The European Commission has proposed renewing the glyphosate licence for another 15 years. It is struggling to get the majority it needs from member states in the scientific committee responsible for that decision. This is because yet again the line between politics and scientific judgement is being blurred in Brussels. On glyphosate there are two conflicting views. One from the European Food Safety Authority (EFSA), which advises the Commission, says it is ‘unlikely to cause cancer’. However part of the World Health Organisation, the Agency for Research on Cancer, has said there is some evidence that glyphosate could be deemed a potential carcinogen.

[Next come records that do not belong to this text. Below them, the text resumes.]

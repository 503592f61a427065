-- ===== src/Db/Devices.antt =====
-- The devices, logs, fault_injections and device_stats tables of backend/app/db.py.
use ecu_telemetry.Prelude.{
  ℕ, ◌+◌, ◌≡◌, Bool, false, Option, none, some, List, [], ◌∷◌, arith, ◌==◌, if◌then◌else◌, take,
}
use ecu_telemetry.Prelude.Tables.{select, find, update}
use ecu_telemetry.Python.Floats.{Floats}
use ecu_telemetry.Python.Text.{Text, ◌===◌, ===_refl, ===_iff}
use ecu_telemetry.Bus.{Time}
use ecu_telemetry.Db.Types.{Device, LogRow, FaultInjection, StatsRow, Database}

module _ ⦃fl : Floats⦄ where
  -- The row that INSERT makes of the columns' defaults.
  abbrev pub new_device : Text → Time → Device
  new_device device_id now = record {
    device_id = device_id;
    hw_model = none;
    fw_version = none;
    fw_version_u32 = none;
    state = 0;
    online = false;
    first_seen = now;
    last_seen = none;
    last_hello = none;
    last_heartbeat = none;
    telemetry_hz = none;
    uptime_s = none;
    device_reconnects = 0;
    reported_config_version = 0;
    lat = none;
    lon = none;
  }

  abbrev pub is_device : Text → Device → Bool
  is_device k d = d.device_id === k

  -- `fields.setdefault("last_seen", now)`, then the named columns.
  abbrev pub set_fields : (Device → Device) → Time → Device → Device
  set_fields fields now d = fields (record d { last_seen = some now })

  upsert_row : Text → (Device → Device) → Time → List Device → List Device
  upsert_row k fields now [] = set_fields fields now (new_device k now) ∷ []
  upsert_row k fields now (d ∷ ds) =
      let rest = upsert_row k fields now ds in
      if is_device k d then set_fields fields now d ∷ ds else d ∷ rest

  unfoldable pub upsert_device : Text → (Device → Device) → Time → Database → Database
  unfolding upsert_row
  upsert_device k fields now db = record db { devices = upsert_row k fields now db.devices }

  unfoldable pub get_device : Database → Text → Option Device
  get_device db k = find (is_device k) db.devices

  unfoldable pub set_online : Text → Bool → Database → Database
  set_online k online db = record db {
    devices = update (is_device k) (λ d. record d { online = online }) db.devices;
  }

  -- The row comes back beside the database.
  unfoldable pub add_log : Text → ℕ → Text → Option ℕ → Time → Database → Database × LogRow
  add_log k level message device_ts_ms now db =
      let row : LogRow = record {
        id = db.next_log;
        device_id = k;
        ts = now;
        device_ts_ms = device_ts_ms;
        level = level;
        message = message;
      } in
      (record db { logs = row ∷ db.logs; next_log = db.next_log + 1 }, row)

  unfoldable pub logs : Text → ℕ → Database → List LogRow
  logs k limit db = take limit (select (λ r. r.device_id === k) db.logs)

  unfoldable pub fault_injection_add : Text → ℕ → ℕ → ℕ → Time → Database → Database × ℕ
  fault_injection_add k set clear duration now db =
      let row : FaultInjection = record {
        id = db.next_fault;
        device_id = k;
        set_flags = set;
        clear_flags = clear;
        duration_ms = duration;
        created_at = now;
        ack_flags = none;
        acked_at = none;
      } in
      (record db { faults = row ∷ db.faults; next_fault = db.next_fault + 1 }, db.next_fault)

  unfoldable pub fault_injections : Text → ℕ → Database → List FaultInjection
  fault_injections k limit db = take limit (select (λ f. f.device_id === k) db.faults)

  abbrev ack_latest : Option FaultInjection → ℕ → Time → List FaultInjection → List FaultInjection
  ack_latest none flags now fs = fs
  ack_latest (some latest) flags now fs =
      update (λ f. f.id == latest.id)
        (λ f. record f { ack_flags = some flags; acked_at = some now }) fs

  unfoldable pub fault_injection_ack : Text → ℕ → Time → Database → Database
  fault_injection_ack k flags now db = record db {
    faults = ack_latest (find (λ f. f.device_id === k) db.faults) flags now db.faults;
  }

  abbrev pub row_or_new : Text → Time → Option Device → Device
  row_or_new k now none = new_device k now
  row_or_new k now (some d) = d

  upsert_row-find :
      (k j : Text) (fields : Device → Device) (now : Time) (ds : List Device)
      → ((d : Device) → (fields d).device_id ≡ d.device_id)
      → find (is_device j) (upsert_row k fields now ds) ≡ (
          if k === j
          then some (set_fields fields now (row_or_new k now (find (is_device k) ds)))
          else find (is_device j) ds)
  unfolding upsert_row
  upsert_row-find k j fields now [] h =
      ground (arith, ===_refl k, h (record (new_device k now) { last_seen = some now }))
  upsert_row-find k j fields now (d ∷ ds) h = ground (
    arith,
    ===_iff k j,
    ===_iff d.device_id k,
    ===_iff d.device_id j,
    upsert_row-find k j fields now ds h,
    h (record d { last_seen = some now }),
  )

  -- An upsert whose columns leave the device's id writes that device's row, which it makes if there
  -- is none, and no other row.
  pub get_device-upsert_device :
      (k j : Text) (fields : Device → Device) (now : Time) (db : Database)
      → ((d : Device) → (fields d).device_id ≡ d.device_id)
      → get_device (upsert_device k fields now db) j ≡ (
          if k === j
          then some (set_fields fields now (row_or_new k now (get_device db k)))
          else get_device db j)
  unfolding get_device upsert_device
  get_device-upsert_device k j fields now db h = upsert_row-find k j fields now db.devices h

  save_row : StatsRow → List StatsRow → List StatsRow
  save_row row [] = row ∷ []
  save_row row (r ∷ rs) =
      let rest = save_row row rs in if r.device_id === row.device_id then row ∷ rs else r ∷ rest

  -- INSERT … ON CONFLICT(device_id) DO UPDATE, on every column.
  unfoldable pub save_stats : StatsRow → Database → Database
  unfolding save_row
  save_stats row db = record db { stats = save_row row db.stats }
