-- ===== src/Storage/Batch.antt =====
-- The batch boundary of rust/src/api/storage.rs: a snapshot is admitted, and one batch is returned.
-- Each error stands for the message of the source with its words. The provider's crypto half has no
-- state and is left out, so `SnapshotOpenMlsProvider` is its storage.

pub mod Complete
pub mod Permuted
pub mod Sorted
pub mod Reload
use openmls_dart.Prelude.{
  ℕ, Bool, false, not, ◌||◌, Option, none, some, List, [], ◌∷◌, map, Bytes, bytes_eq, bytes_le,
  is_some, any, if◌then◌else◌, ◌==◌, Result, ok, ◌>>=◌, ◌>>◌, guard, ok_or,
}
use openmls_dart.Storage.Rows.{Row}
use openmls_dart.Storage.Labels.{is_global_key}
use openmls_dart.Storage.Snapshot.{
  MlsStorageEntry, SnapshotStorageProvider, StorageUpdates, from_entries, into_updates,
}

abbrev pub mls_storage_format_version : ℕ
mls_storage_format_version = 1

pub data StorageRefusal : Type 0 where
  unsupported_format : ℕ → StorageRefusal
  duplicate_key global_entry_has_group group_entry_in_global_operation : StorageRefusal
  entry_of_different_group group_state_without_group_id : StorageRefusal

pub record MlsStorageBatch : Type 0 where
  pub upserts : List MlsStorageEntry
  pub deletes : List Bytes
  pub deleted_group_ids : List Bytes
  pub storage_format_version : ℕ

-- `Option<&[u8]> != Some(expected)`, negated.
abbrev pub is_group : Bytes → Option Bytes → Bool
is_group expected none = false
is_group expected (some g) = bytes_eq g expected

unfoldable pub check_scope : Option Bytes → MlsStorageEntry → Result StorageRefusal (Unit {0})
check_scope expected_group_id entry =
    if is_global_key entry.key
    then guard (not (is_some entry.group_id)) global_entry_has_group
    else do
      expected ← ok_or expected_group_id group_entry_in_global_operation
      guard (is_group expected entry.group_id) entry_of_different_group

-- The `try_for_each`; `seen_keys` is the hash set.
unfoldable pub validate_entries :
    Option Bytes → List Bytes → List MlsStorageEntry → Result StorageRefusal (Unit {0})
validate_entries expected seen_keys [] = ok tt
validate_entries expected seen_keys (entry ∷ entries) = do
  guard (not (any (bytes_eq entry.key) seen_keys)) duplicate_key
  check_scope expected entry
  validate_entries expected (entry.key ∷ seen_keys) entries

unfoldable pub validate_storage_entries :
    List MlsStorageEntry → ℕ → Option Bytes → Result StorageRefusal (Unit {0})
validate_storage_entries entries version expected_group_id = do
  guard (version == mls_storage_format_version) (unsupported_format version)
  validate_entries expected_group_id [] entries

abbrev pub entry_row : MlsStorageEntry → Row
entry_row e = (e.key, e.value)

unfoldable pub provider_from_entries :
    List MlsStorageEntry → ℕ → Option Bytes → Result StorageRefusal SnapshotStorageProvider
provider_from_entries entries version expected_group_id = do
  validate_storage_entries entries version expected_group_id
  ok (from_entries (map entry_row entries))

-- `sort_by` and `sort` are stable sorts by key: what is inserted stands before an equal key.
unfoldable pub insert_entry : MlsStorageEntry → List MlsStorageEntry → List MlsStorageEntry
insert_entry e [] = e ∷ []
insert_entry e (x ∷ xs) = if bytes_le e.key x.key then e ∷ x ∷ xs else x ∷ insert_entry e xs

unfoldable pub sort_entries : List MlsStorageEntry → List MlsStorageEntry
sort_entries [] = []
sort_entries (e ∷ es) = insert_entry e (sort_entries es)

unfoldable pub insert_key : Bytes → List Bytes → List Bytes
insert_key k [] = k ∷ []
insert_key k (x ∷ xs) = if bytes_le k x then k ∷ x ∷ xs else x ∷ insert_key k xs

unfoldable pub sort_keys : List Bytes → List Bytes
sort_keys [] = []
sort_keys (k ∷ ks) = insert_key k (sort_keys ks)

-- The loop that scopes the upserts. `none` stands for the panic of `expect`.
unfoldable pub scoped_entries : Option Bytes → List Row → Option (List MlsStorageEntry)
scoped_entries group_id [] = some []
scoped_entries group_id ((k, v) ∷ rows) = elim (scoped_entries group_id rows) [
  | none ↦ none
  | some es ↦
      if is_global_key k
      then some (record { key = k; value = v; group_id = none } ∷ es)
      else elim group_id [
        | none ↦ none
        | some g ↦ some (record { key = k; value = v; group_id = some g } ∷ es)
      ]
]

-- The inner `none` is a panic.
unfoldable pub batch_from_updates :
    StorageUpdates → Option Bytes → List Bytes → Result StorageRefusal (Option MlsStorageBatch)
batch_from_updates updates group_id deleted_group_ids = do
  guard (is_some group_id || not (any (λ (r : Row). not (is_global_key r.0)) updates.upserts))
      group_state_without_group_id
  ok (elim (scoped_entries group_id updates.upserts) [
    | none ↦ none
    | some upserts ↦ some (record {
      upserts = sort_entries upserts;
      deletes = sort_keys updates.deletes;
      deleted_group_ids = deleted_group_ids;
      storage_format_version = mls_storage_format_version;
    })
  ])

unfoldable pub batch_from_provider :
    SnapshotStorageProvider
    → Option Bytes
    → List Bytes
    → Result StorageRefusal (Option MlsStorageBatch)
batch_from_provider provider group_id deleted_group_ids =
    batch_from_updates (into_updates provider) group_id deleted_group_ids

This academic disagreement has led MEPs on the parliament’s environment committee to call for a delay to any decision. This is despite them having no formal role in the process of renewing the licence. This is the precautionary principle being taken to extremes, on the basis of slim and disputed evidence of a theoretical cancer risk. What the Commission needs to make clear is that all decisions must be based around a risk/reward balance of the available scientific facts. That is what the Commission, to its credit, is trying to do. But MEPs are grand-standing, by calling for a product to be banned, or at best kicked into touch with a review, with no real scientific evidence that this would be justified – and seemingly without any thought about the implications for agriculture of such a decision.

This is a call that is generating publicity for the MEPs involved. Even if it goes nowhere it will harm agriculture, because it creates doubt in consumers’ minds. It builds on a false belief that there is a realistic alternative to agrochemicals if we are to have a secure supply of affordable food in Europe. While this has created a row the MEPs are unlikely to alter the Commission decision. As things stand this will go the way of many GM approvals, in that there will be no qualified majority to approve or reject, meaning the Commission will impose a decision in favour of its proposal. This is not a good way to take decisions, but the voting system in the EU means there is no alternative. The UK and Ireland are backing the Commission plan to renew the glyphosate licence, but with voting finely balanced it would not take too much of a shift in member state opinion to land agriculture with a major problem.